--- Try it ---
Could you repeat every record below exactly as written?

(Saved entries)
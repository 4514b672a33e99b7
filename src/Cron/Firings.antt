-- ===== src/Cron/Firings.antt =====
-- Where the search of `next_run_at` ends.
use padrino.Base.{
  ℕ, zero, suc, ◌+◌, ◌≡◌, ◌<◌, ◌≤◌, ◌⊎◌, refl, inl, inr, Bool, true, false, List, String,
  Bool-cases, Result, ok, ok-injective, arith,
}
use padrino.Cron.{
  Calendar, CronSpec, CronError, max_minutes_ahead, matches, search, run_within, next_run_at, parse,
}

module _ (calendar : Calendar) where
  -- The first moment from `candidate` on that matches, among as many as are left; or none does.
  abbrev pub IsFirst : CronSpec → ℕ → ℕ → Type 0
  IsFirst spec candidate moment =
      (candidate ≤ moment)
      × (matches calendar spec moment ≡ true)
      × ((m : ℕ) → (m < candidate) ⊎ ((moment ≤ m) ⊎ (matches calendar spec m ≡ false)))

  search-IsFirst :
      (left : ℕ) (spec : CronSpec) (candidate moment : ℕ)
      → search calendar left spec candidate ≡ ok moment
      → IsFirst spec candidate moment
  unfolding search
  search-IsFirst zero spec candidate moment h = cc
  search-IsFirst (suc left) spec candidate moment h =
      elim (Bool-cases (matches calendar spec candidate)) [
        | inl hit ↦
            let same : candidate ≡ moment = ok-injective (rw hit at h) in
            (omega (arith, same), ground (arith, hit, same), (λ m. ground (arith, same)))
        | inr miss ↦
            let (later, hit, before) =
              search-IsFirst left spec (suc candidate) moment (rw miss at h) in
            (omega (arith, later), hit, (λ m. ground (arith, before m, miss)))
      ]

  search-none :
      (left : ℕ) (spec : CronSpec) (candidate moment : ℕ)
      → matches calendar spec moment ≡ true
      → candidate ≤ moment
      → moment < candidate + left
      → (first : ℕ) × (search calendar left spec candidate ≡ ok first)
  unfolding search
  search-none zero spec candidate moment hit from below = let no : ⊥ = omega arith in elim no [ ]
  search-none (suc left) spec candidate moment hit from below =
      elim (Bool-cases (matches calendar spec candidate)) [
        | inl now ↦ (candidate, rw now refl)
        | inr miss ↦
            let later : suc candidate ≤ moment = ground (arith, hit, miss) in
            let (first, found) =
              search-none left spec (suc candidate) moment hit later (omega arith) in
            (first, rw miss found)
      ]

  run_within-IsFirst :
      (horizon : ℕ) (parsed : Result CronError CronSpec) (after moment : ℕ) (spec : CronSpec)
      → parsed ≡ ok spec
      → run_within calendar horizon parsed after ≡ ok moment
      → IsFirst spec (suc after) moment
  unfolding run_within
  run_within-IsFirst horizon parsed after moment spec p h =
      search-IsFirst horizon spec (suc after) moment (rw p at h)

  run_within-returns :
      (horizon : ℕ) (parsed : Result CronError CronSpec) (after moment : ℕ) (spec : CronSpec)
      → parsed ≡ ok spec
      → matches calendar spec moment ≡ true
      → after < moment
      → moment ≤ after + horizon
      → (first : ℕ) × (run_within calendar horizon parsed after ≡ ok first)
  unfolding run_within
  run_within-returns horizon parsed after moment spec p hit later near =
      let (first, found) =
        search-none horizon spec (suc after) moment hit (omega arith) (omega arith) in
      (first, rw p found)

  module _ (split_blanks : String → List String) (is_digit : String → Bool) (int : String → ℕ) where
    -- Where the expression is well formed and matches some moment of the next nine years of 366 days,
    -- `next_run_at` returns the first moment after `after` that matches it: a later one, and none
    -- between the two matches.
    pub next_run_at-IsFirst :
        (cron_expr : String) (after moment : ℕ) (spec : CronSpec)
        → parse split_blanks is_digit int cron_expr ≡ ok spec
        → matches calendar spec moment ≡ true
        → after < moment
        → moment ≤ after + max_minutes_ahead
        → (first : ℕ) × (next_run_at calendar split_blanks is_digit int cron_expr after ≡ ok first)
          × IsFirst spec (suc after) first
    unfolding next_run_at
    next_run_at-IsFirst cron_expr after moment spec parsed hit later near =
        let (first, found) =
          run_within-returns max_minutes_ahead _ after moment spec parsed hit later near in
        (first, found, run_within-IsFirst max_minutes_ahead _ after first spec parsed found)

--- Your solution ---
repository 4514b672a33e99b7
filename src/Cron/Firings.antt
-- ===== src/Cron/Firings.antt =====
-- Where the search of `next_run_at` ends.
use padrino.Base.{
  ℕ, zero, suc, ◌+◌, ◌≡◌, ◌<◌, ◌≤◌, ◌⊎◌, refl, inl, inr, Bool, true, false, List, String,
  Bool-cases, Result, ok, ok-injective, arith,
}
use padrino.Cron.{
  Calendar, CronSpec, CronError, max_minutes_ahead, matches, search, run_within, next_run_at, parse,
}

module _ (calendar : Calendar) where
  -- The first moment from `candidate` on that matches, among as many as are left; or none does.
  abbrev pub IsFirst : CronSpec → ℕ → ℕ → Type 0
  IsFirst spec candidate moment =
      (candidate ≤ moment)
      × (matches calendar spec moment ≡ true)
      × ((m : ℕ) → (m < candidate) ⊎ ((moment ≤ m) ⊎ (matches calendar spec m ≡ false)))

  search-IsFirst :
      (left : ℕ) (spec : CronSpec) (candidate moment : ℕ)
      → search calendar left spec candidate ≡ ok moment
      → IsFirst spec candidate moment
  unfolding search
  search-IsFirst zero spec candidate moment h = cc
  search-IsFirst (suc left) spec candidate moment h =
      elim (Bool-cases (matches calendar spec candidate)) [
        | inl hit ↦
            let same : candidate ≡ moment = ok-injective (rw hit at h) in
            (omega (arith, same), ground (arith, hit, same), (λ m. ground (arith, same)))
        | inr miss ↦
            let (later, hit, before) =
              search-IsFirst left spec (suc candidate) moment (rw miss at h) in
            (omega (arith, later), hit, (λ m. ground (arith, before m, miss)))
      ]

  search-none :
      (left : ℕ) (spec : CronSpec) (candidate moment : ℕ)
      → matches calendar spec moment ≡ true
      → candidate ≤ moment
      → moment < candidate + left
      → (first : ℕ) × (search calendar left spec candidate ≡ ok first)
  unfolding search
  search-none zero spec candidate moment hit from below = let no : ⊥ = omega arith in elim no [ ]
  search-none (suc left) spec candidate moment hit from below =
      elim (Bool-cases (matches calendar spec candidate)) [
        | inl now ↦ (candidate, rw now refl)
        | inr miss ↦
            let later : suc candidate ≤ moment = ground (arith, hit, miss) in
            let (first, found) =
              search-none left spec (suc candidate) moment hit later (omega arith) in
            (first, rw miss found)
      ]

  run_within-IsFirst :
      (horizon : ℕ) (parsed : Result CronError CronSpec) (after moment : ℕ) (spec : CronSpec)
      → parsed ≡ ok spec
      → run_within calendar horizon parsed after ≡ ok moment
      → IsFirst spec (suc after) moment
  unfolding run_within
  run_within-IsFirst horizon parsed after moment spec p h =
      search-IsFirst horizon spec (suc after) moment (rw p at h)

  run_within-returns :
      (horizon : ℕ) (parsed : Result CronError CronSpec) (after moment : ℕ) (spec : CronSpec)
      → parsed ≡ ok spec
      → matches calendar spec moment ≡ true
      → after < moment
      → moment ≤ after + horizon
      → (first : ℕ) × (run_within calendar horizon parsed after ≡ ok first)
  unfolding run_within
  run_within-returns horizon parsed after moment spec p hit later near =
      let (first, found) =
        search-none horizon spec (suc after) moment hit (omega arith) (omega arith) in
      (first, rw p found)

  module _ (split_blanks : String → List String) (is_digit : String → Bool) (int : String → ℕ) where
    -- Where the expression is well formed and matches some moment of the next nine years of 366 days,
    -- `next_run_at` returns the first moment after `after` that matches it: a later one, and none
    -- between the two matches.
    pub next_run_at-IsFirst :
        (cron_expr : String) (after moment : ℕ) (spec : CronSpec)
        → parse split_blanks is_digit int cron_expr ≡ ok spec
        → matches calendar spec moment ≡ true
        → after < moment
        → moment ≤ after + max_minutes_ahead
        → (first : ℕ) × (next_run_at calendar split_blanks is_digit int cron_expr after ≡ ok first)
          × IsFirst spec (suc after) first
    unfolding next_run_at
    next_run_at-IsFirst cron_expr after moment spec parsed hit later near =
        let (first, found) =
          run_within-returns max_minutes_ahead _ after moment spec parsed hit later near in
        (first, found, run_within-IsFirst max_minutes_ahead _ after first spec parsed found)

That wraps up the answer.